06: Financing Long-Term Care Flashcards
Which of the following is not included in Long-term Services and Support (LTSS)?
A. Health
B. Social
C. Housing
D. Transportation
E. Nutrition
E
Why is long-term care important to consider?
- Medical advancements and technology are finding more ways to maintain life
- Life expectancy is increasing
- “Baby Boomers” aging
What are the three general settings for LTSS?
- Institutions
- Home-based
- Community-based
This type of LTSS has 24 hours of high level medical care by skilled professionals, healthcare aids and orderlies.
A. Nursing home
B. Skilled nursing facility
C. Home-based care
D. Community-based care
B
This type of LTSS has 24 hours of custodial care for ADL assistance.
A. Nursing home
B. Skilled nursing facility
C. Home-based care
D. Community-based care
A
This type of LTSS can be formal or informal, and can include professional services provided in the home.
A. Nursing home
B. Skilled nursing facility
C. Home-based care
D. Community-based care
C
This type of LTSS provides shelter (shared or private rooms) and meals in a small facility.
A. Nursing home
B. Skilled nursing facility
C. Home-based care
D. Community-based care
D
A non-residential facility that supports the health, nutritional, social support and daily living needs of adults in a professionally staffed, group setting is called…
Adult Day Service(s)
A facility combining housing, personalized supportive services, and health care designed to meet the needs of those who need help with ADLS is called…
Assisted living
This type of LTSS provides care for individuals with terminal illness and their support systems during and after the dying process.
Hospice
Temporary surrogate care given to a patient when the patient’s primary caregiver must be absent is called…
Respite Care
True or false: Medicaid pays for about 48% of LTSS.
True
True or false: Medicare covers home health services (skilled care) and custodial care.
False
Covers home health care but NOT custodial care.

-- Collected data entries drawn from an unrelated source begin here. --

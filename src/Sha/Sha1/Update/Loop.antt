-- ===== src/Sha/Sha1/Update/Loop.antt =====
-- generic/sha1.c, SHA1Update: the loop over whole blocks.
use e2factory.Common.{
  ℕ, zero, suc, ◌+◌, ◌*◌, ◌%◌, ◌^◌, ◌≤◌, ◌<◌, ◌≡◌, refl, sym, ap, ◌∙◌, Option, some, [], ◌++◌,
  Bytes, arith, length, take, drop, ltb, Bool-cases, inl, inr, length-take, length-drop,
  length-append, take-append-drop, drop-drop,
}
use e2factory.Sha.Words.{u32, memcpy}
use e2factory.Sha.Absorb.{Absorbed, absorb, absorb-append, absorb_full}
use e2factory.Sha.Sha1.{Regs, transform}
use e2factory.Sha.Sha1.Update.{blocks_from}

pub memcpy-fits :
    (dst : Bytes) (at : ℕ) (src : Bytes) (n : ℕ)
    → at + n ≤ length dst
    → memcpy dst at src n ≡ some (take at dst ++ (take n src ++ drop (at + n) dst))
unfolding memcpy
memcpy-fits dst at src n h = ground arith

pub length-memcpy :
    (dst : Bytes) (at : ℕ) (src : Bytes) (n : ℕ)
    → at + n ≤ length dst
    → n ≤ length src
    → length (take at dst ++ (take n src ++ drop (at + n) dst)) ≡ length dst
length-memcpy dst at src n h k = omega (
  arith,
  length-append (take at dst) (take n src ++ drop (at + n) dst),
  length-append (take n src) (drop (at + n) dst),
  length-take at dst,
  length-take n src,
  length-drop (at + n) dst,
)

abbrev pub absorb_64 : Absorbed Regs → Bytes → Absorbed Regs
absorb_64 = absorb transform 64

-- One round of the loop absorbs a block.
absorb_block :
    (st : Regs) (input : Bytes) (i : ℕ)
    → i + 64 ≤ length input
    → absorb_64 (record { state = st; waiting = [] }) (drop i input)
      ≡ absorb_64
          (record { state = transform st (take 64 (drop i input)); waiting = [] })
          (drop (i + 64) input)
absorb_block st input i h =
    ap (absorb_64 (record { state = st; waiting = [] })) (sym (take-append-drop 64 (drop i input)))
    ∙ absorb-append transform 64 _ (take 64 (drop i input)) (drop 64 (drop i input))
    ∙ ap (λ v. absorb_64 v (drop 64 (drop i input)))
        (absorb_full transform 64 st [] (take 64 (drop i input)) (omega arith)
          (omega (arith, length-take 64 (drop i input), length-drop i input)))
    ∙ ap (absorb_64 _) (drop-drop i 64 input)

-- What the loop returns: the blocks are absorbed, and less than a block is left.
pub record Looped (input : Bytes) (i : ℕ) (st : Regs) (r : Option (Regs × ℕ)) : Type 0 where
  pub out : Regs
  pub at : ℕ
  pub returns : r ≡ some (out, at)
  pub within : at ≤ length input
  pub few : length input < at + 64
  pub absorbs :
      absorb_64 (record { state = st; waiting = [] }) (drop i input)
      ≡ absorb_64 (record { state = out; waiting = [] }) (drop at input)
  pub aligned : (at % 64 ≡ i % 64)

pub blocks_from-Looped :
    (fuel : ℕ) (input : Bytes) (i : ℕ) (st : Regs)
    → i ≤ length input
    → length input < i + 64 * fuel
    → length input + 64 < 2 ^ 32
    → Looped input i st (blocks_from fuel (length input) input i st)
unfolding blocks_from
blocks_from-Looped zero input i st h k small = absurd (omega arith)
blocks_from-Looped (suc fuel) input i st h k small =
    elim (Bool-cases (ltb (u32 (i + 63)) (length input))) [
      | inl go_on ↦
          let next : u32 (i + 64) ≡ i + 64 = omega arith in
          let room : i + 64 ≤ length input = ground arith in
          let l =
            blocks_from-Looped fuel input (i + 64) (transform st (take 64 (drop i input))) room
              (omega arith) small in
          rw (go_on, next)
            (record {
              out = l.out;
              at = l.at;
              returns = l.returns;
              within = l.within;
              few = l.few;
              absorbs = absorb_block st input i room ∙ l.absorbs;
              aligned = omega (arith, l.aligned);
            })
      | inr stop ↦ rw stop (record {
        out = st;
        at = i;
        returns = refl;
        within = h;
        few = ground arith;
        absorbs = refl;
        aligned = refl;
      })
    ]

Private long-term care (LTC) insurance has a large deductible that is measured in nursing home days.
For a 90-day deductible that is $272 per day, what wold the cost of the 90 days be?
If the copay is $105 per day after the 90-day deductible, what would the TOTAL cost for the year be?
$24,480 for 90 days
For year: 24,480 + (275 x 105) = $53,355 for one year
True or false: Medicaid coverage of home and community-based services can be provided at the state’s discretion.